Great contest, thanks for doing it Barb!

Reactions: Like 1 | Agree 1


----------



## Lou Currier (Mar 22, 2021)

Thanks @Barb ...looks like Mikey will be calling the next shot

Reactions: Agree 1


----------



## Bigg081 (Mar 22, 2021)

@ripjack13 
1. Hilarious
2. Really good craftmanship
3. Outside the box 

LOVE IT!

Reactions: Thank You! 1


----------



## Barb (Mar 22, 2021)

Lou Currier said:


> Thanks @Barb ...looks like Mikey will be calling the next shot


Looks like it but with out of this world marketing, someone else could take the lead. It's only been open for 1 day. :) What are you offering Lou? Some people may be open to bribes.

Reactions: Funny 2


----------



## Arn213 (Mar 22, 2021)

^Lou all you have to do to figure that out is search the for sale ads to find out what she is into, of course there are the enablers and the usual suspects such as @Nature Man and who else @Eric Rorabaugh .......don’t forget they get scouting percentage of the pie bribe

Reactions: Funny 2


----------



## trc65 (Mar 22, 2021)

Barb, good idea allowing two votes. Hard to pick one, and should make results more interesting!

Reactions: Thank You! 1


----------



## Mike Hill (Mar 22, 2021)



Reactions: Funny 4


----------



## Nature Man (Mar 22, 2021)

Arn213 said:


> ^Lou all you have to do to figure that out is search the for sale adds to find out what she is into, of course there are the enablers and the usual suspects such as @Nature Man and who else @Eric Rorabaugh .......don’t forget they get scouting percentage of the pie bribe


Think 20% or so. Chuck

Reactions: Funny 2


----------



## Lou Currier (Mar 22, 2021)

Barb said:


> Looks like it but with out of this world marketing, someone else could take the lead. It's only been open for 1 day. :) What are you offering Lou? Some people may be open to bribes.


I have burl

Reactions: Like 1 | Funny 1


----------



## ripjack13 (Mar 22, 2021)

Come on guys, my can pipe is awesome.
Lol

Reactions: Agree 2 | Funny 2


----------



## trc65 (Mar 22, 2021)

ripjack13 said:


> Come on guys, my can pipe is awesome.
> Lol




Lobbying for votes _*without the promises of bribes*_ is Illegal!
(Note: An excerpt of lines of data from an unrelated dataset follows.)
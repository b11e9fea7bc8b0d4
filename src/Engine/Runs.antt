-- ===== src/Engine/Runs.antt =====
-- Quiet operations: those that take only quiet steps and keep a property of the task. One rule for
-- each way to build an operation.
use hounds_ciai.Prelude.{Bool, true, false, ◌≡◌, refl, sym, ◌∙◌, subst, Option, none, some}
use hounds_ciai.Result.{Err, Result, ok, err}
use hounds_ciai.Store.{Task}
use hounds_ciai.Engine.Monad.{
  World, Engine, Sys, M, Call, Reply, branch, pure, raise, branch, continue, ◌>>=◌, ◌>>◌,
  from_result, caught, or_raise, get_task, get_store, set_task, get_cause, call,
}
use hounds_ciai.Engine.Steps.{Quiet, stay, calls, adjusts, saves, notes, Same, MayCall}

pub Same-refl : (t : Task) → Same t t
Same-refl t = record { id = refl; issue = refl; branch = refl; snapshot = refl; state = refl }

pub Same-trans : {t u v : Task} → Same t u → Same u v → Same t v
Same-trans p q = record {
  id = q.id ∙ p.id;
  issue = q.issue ∙ p.issue;
  branch = q.branch ∙ p.branch;
  snapshot = q.snapshot ∙ p.snapshot;
  state = q.state ∙ p.state;
}

pub Same-sym : {t u : Task} → Same t u → Same u t
Same-sym p = record {
  id = sym p.id;
  issue = sym p.issue;
  branch = sym p.branch;
  snapshot = sym p.snapshot;
  state = sym p.state;
}

-- What a result satisfies: a value its postcondition, an error nothing.
abbrev pub Post : {A : Type 0} → (A → Type 0) → Result A → Type 0
Post Q (ok a) = Q a
Post Q (err x) = Unit

module _ {W : Type 0} (e : Engine) where
  pub Quiet-trans : {s t u : Sys W} → Quiet e s t → Quiet e t u → Quiet e s u
  Quiet-trans p stay = p
  Quiet-trans p (calls c w q m) = calls c w (Quiet-trans p q) m
  Quiet-trans p (adjusts u q m) = adjusts u (Quiet-trans p q) m
  Quiet-trans p (saves d q m) = saves d (Quiet-trans p q) m
  Quiet-trans p (notes d row q r m) = notes d row (Quiet-trans p q) r m

  -- A quiet run never changes the state, nor what the task is known by.
  pub Quiet-Same : {s t : Sys W} → Quiet e s t → Same s.task t.task
  Quiet-Same {s} stay = Same-refl s.task
  Quiet-Same (calls c w q m) = Quiet-Same q
  Quiet-Same (adjusts u q m) = Same-trans (Quiet-Same q) m
  Quiet-Same (saves d q m) = Quiet-Same q
  Quiet-Same (notes d row q r m) = Quiet-Same q

  -- `m`, from a task with `I`, takes quiet steps to a task with `I`, and its value satisfies `Q`.
  pub record Calm {A : Type 0} (I : Task → Type 0) (Q : A → Type 0) (s : Sys W)
      (r : Result A × Sys W) : Type 0 where
    pub path : Quiet e s r.1
    pub kept : I r.1.task
    pub post : Post Q r.0

  pub record Runs {A : Type 0} (I : Task → Type 0) (Q : A → Type 0) (m : M W A) : Type 0 where
    pub at : (s : Sys W) → I s.task → Calm I Q s (m s)

  module _ {A : Type 0} {I : Task → Type 0} {Q : A → Type 0} where
    pub Runs-pure : (a : A) → Q a → Runs I Q (pure a)
    unfolding pure
    Runs-pure a q = record { at = λ s i. record { path = stay; kept = i; post = q } }

    pub Runs-raise : (x : Err) → Runs I Q (raise x)
    unfolding raise
    Runs-raise x = record { at = λ s i. record { path = stay; kept = i; post = tt } }

    pub Runs-from_result : (r : Result A) → Post Q r → Runs I Q (from_result r)
    unfolding from_result
    Runs-from_result r q = record { at = λ s i. record { path = stay; kept = i; post = q } }

    pub Runs-or_raise :
        (o : Option A) (x : Err) → ((a : A) → o ≡ some a → Q a) → Runs I Q (or_raise o x)
    unfolding or_raise
    Runs-or_raise none x q = record { at = λ s i. record { path = stay; kept = i; post = tt } }
    Runs-or_raise (some a) x q = record {
      at = λ s i. record { path = stay; kept = i; post = q a refl };
    }

    pub Runs-if :
        (b : Bool) (m n : M W A)
        → (b ≡ true → Runs I Q m)
        → (b ≡ false → Runs I Q n)
        → Runs I Q (branch b m n)
    unfolding branch
    Runs-if true m n km kn = km refl
    Runs-if false m n km kn = kn refl

    pub Runs-caught : (m : M W A) → Runs I Q m → Runs I (Post Q) (caught m)
    unfolding caught
    Runs-caught m k = record {
      at = λ s i. let c = k.at s i in record { path = c.path; kept = c.kept; post = c.post };
    }

    -- An operation that keeps every single task as it is keeps every property of it.
    pub Runs-frozen : (m : M W A) → ((o : Task) → I o → Runs (λ t. t ≡ o) Q m) → Runs I Q m
    Runs-frozen m k = record {
      at = λ s i.
          let c = (k s.task i).at s refl in
          record { path = c.path; kept = subst I (sym c.kept) i; post = c.post };
    }

  module _ {A B : Type 0} {I : Task → Type 0} {P : A → Type 0} {Q : B → Type 0} where
    Calm-continue :
        (f : A → M W B) (s s' : Sys W) (r : Result A)
        → Quiet e s s'
        → I s'.task
        → Post P r
        → ((a : A) → P a → Runs I Q (f a))
        → Calm I Q s (continue f (r, s'))
    unfolding continue
    Calm-continue f s s' (ok a) p i q k =
        let c = (k a q).at s' i in
        record { path = Quiet-trans p c.path; kept = c.kept; post = c.post }
    Calm-continue f s s' (err x) p i q k = record { path = p; kept = i; post = tt }

    pub Runs-bind :
        (m : M W A) (f : A → M W B)
        → Runs I P m
        → ((a : A) → P a → Runs I Q (f a))
        → Runs I Q (m >>= f)
    unfolding ◌>>=◌
    Runs-bind m f km kf = record {
      at = λ s i. let c = km.at s i in Calm-continue f s (m s).1 (m s).0 c.path c.kept c.post kf;
    }

    pub Runs-then : (m : M W A) (k : M W B) → Runs I P m → Runs I Q k → Runs I Q (m >> k)
    Runs-then m k km kk = Runs-bind m (λ _. k) km (λ _ _. kk)

  module _ {I : Task → Type 0} where
    pub Runs-get_task : Runs I I get_task
    unfolding get_task
    Runs-get_task = record { at = λ s i. record { path = stay; kept = i; post = i } }

    pub Runs-get_store : Runs I (λ _. Unit) get_store
    unfolding get_store
    Runs-get_store = record { at = λ s i. record { path = stay; kept = i; post = tt } }

    pub Runs-set_task :
        (u : Task) → I u → ((t : Task) → I t → Same t u) → Runs I (λ _. Unit) (set_task u)
    unfolding set_task
    Runs-set_task u iu same = record {
      at = λ s i. record { path = adjusts u stay (same s.task i); kept = iu; post = tt };
    }

    pub Runs-call :
        (ext : World W) (c : Call)
        → ((t : Task) → I t → MayCall e t c)
        → Runs I (λ _. Unit) (call ext c)
    unfolding call
    Runs-call ext c may = record {
      at = λ s i. record { path = calls c _ stay (may s.task i); kept = i; post = tt };
    }

    pub Runs-get_cause : (ext : World W) → Runs I (λ _. Unit) (get_cause ext)
    unfolding get_cause
    Runs-get_cause ext = record { at = λ s i. record { path = stay; kept = i; post = tt } }

  -- The same rules for the ways in which a block begins.
  module _ {B : Type 0} {I : Task → Type 0} {Q : B → Type 0} where
    pub Runs-read :
        (f : Task → M W B) → ((t : Task) → I t → Runs I Q (f t)) → Runs I Q (get_task >>= f)
    Runs-read f k = Runs-bind {P = I} get_task f Runs-get_task k

    pub Runs-next :
        {A : Type 0} (m : M W A) (f : A → M W B)
        → Runs I (λ _. Unit {0}) m
        → ((a : A) → Runs I Q (f a))
        → Runs I Q (m >>= f)
    Runs-next m f km k = Runs-bind m f km (λ a _. k a)

    pub Runs-ask :
        (ext : World W) (c : Call) (f : Reply c → M W B)
        → ((t : Task) → I t → MayCall e t c)
        → ((r : Reply c) → Runs I Q (f r))
        → Runs I Q (call ext c >>= f)
    Runs-ask ext c f may k = Runs-next (call ext c) f (Runs-call ext c may) k

    pub Runs-ok :
        {A : Type 0} (r : Result A) (f : A → M W B)
        → ((a : A) → Runs I Q (f a))
        → Runs I Q (from_result r >>= f)
    Runs-ok (ok a) f k = Runs-next (from_result (ok a)) f (Runs-from_result (ok a) tt) k
    Runs-ok (err x) f k = Runs-next (from_result (err x)) f (Runs-from_result (err x) tt) k

    pub Runs-some :
        {A : Type 0} (o : Option A) (x : Err) (f : A → M W B)
        → ((a : A) → o ≡ some a → Runs I Q (f a))
        → Runs I Q (or_raise o x >>= f)
    Runs-some o x f k =
        Runs-bind {P = λ a. o ≡ some a} (or_raise o x) f (Runs-or_raise o x (λ a h. h)) k

    pub Runs-done :
        (m : M W (Unit {0})) (b : B) → Runs I (λ _. Unit {0}) m → Q b → Runs I Q (m >> pure b)
    Runs-done m b km q = Runs-next m (λ _. pure b) km (λ _. Runs-pure b q)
Now if you were to offer up jars of fresh maple syrup to those willing to change their votes, you have my address.

Reactions: Agree 3 | Funny 2


----------



## Wildthings (Mar 22, 2021)

ripjack13 said:


> Come on guys, my can pipe is awesome.
> Lol


I agree with you


----------



## Barb (Mar 22, 2021)

Btw, the bribe comment wasn't aimed at me. I have to curtail buying or trading any wood, unless of course it's absolutely spectacular, because I'll probably be moving to the lower 48 next year. I need to concentrate on using up the hoard that I have. :)

Reactions: Like 3


----------



## Don Ratcliff (Mar 23, 2021)

I live in Hawaii and can get excellent room rates and free luau shows. If I were to win I gotta say my motivation level to get those discounts down to about nothing would be purdy high... just say'n...

:sun::beach:

Reactions: Funny 5


----------



## Don Ratcliff (Mar 23, 2021)

Barb said:


> Btw, the bribe comment wasn't aimed at me. I have to curtail buying or trading any wood, unless of course it's absolutely spectacular, because I'll probably be moving to the lower 48 next year. I need to concentrate on using up the hoard that I have. :)


Oh @Barb You silly silly lady. I have a playbook for moving to the mainland I'll be happy to send you for your vote and some of that "hoard" of wood. Page 22 of the book details out how you're supposed to leave all your wood with someone when you get to the mainland, why wait I say send it to me now.

Reactions: Funny 3


----------



## Gonzalodqa (Mar 23, 2021)

I think steve should provide a better picture of his pipe. It is hard to see the details

Reactions: Agree 1


----------



## Don Ratcliff (Mar 23, 2021)

Don Ratcliff said:


> I live in Hawaii and can get excellent room rates and free luau shows. If I were to win I gotta say my motivation level to get those discounts down to about nothing would be purdy high... just say'n...
> 
> :sun::beach:


If I win I'll make sure everyone that votes for me will get leighed.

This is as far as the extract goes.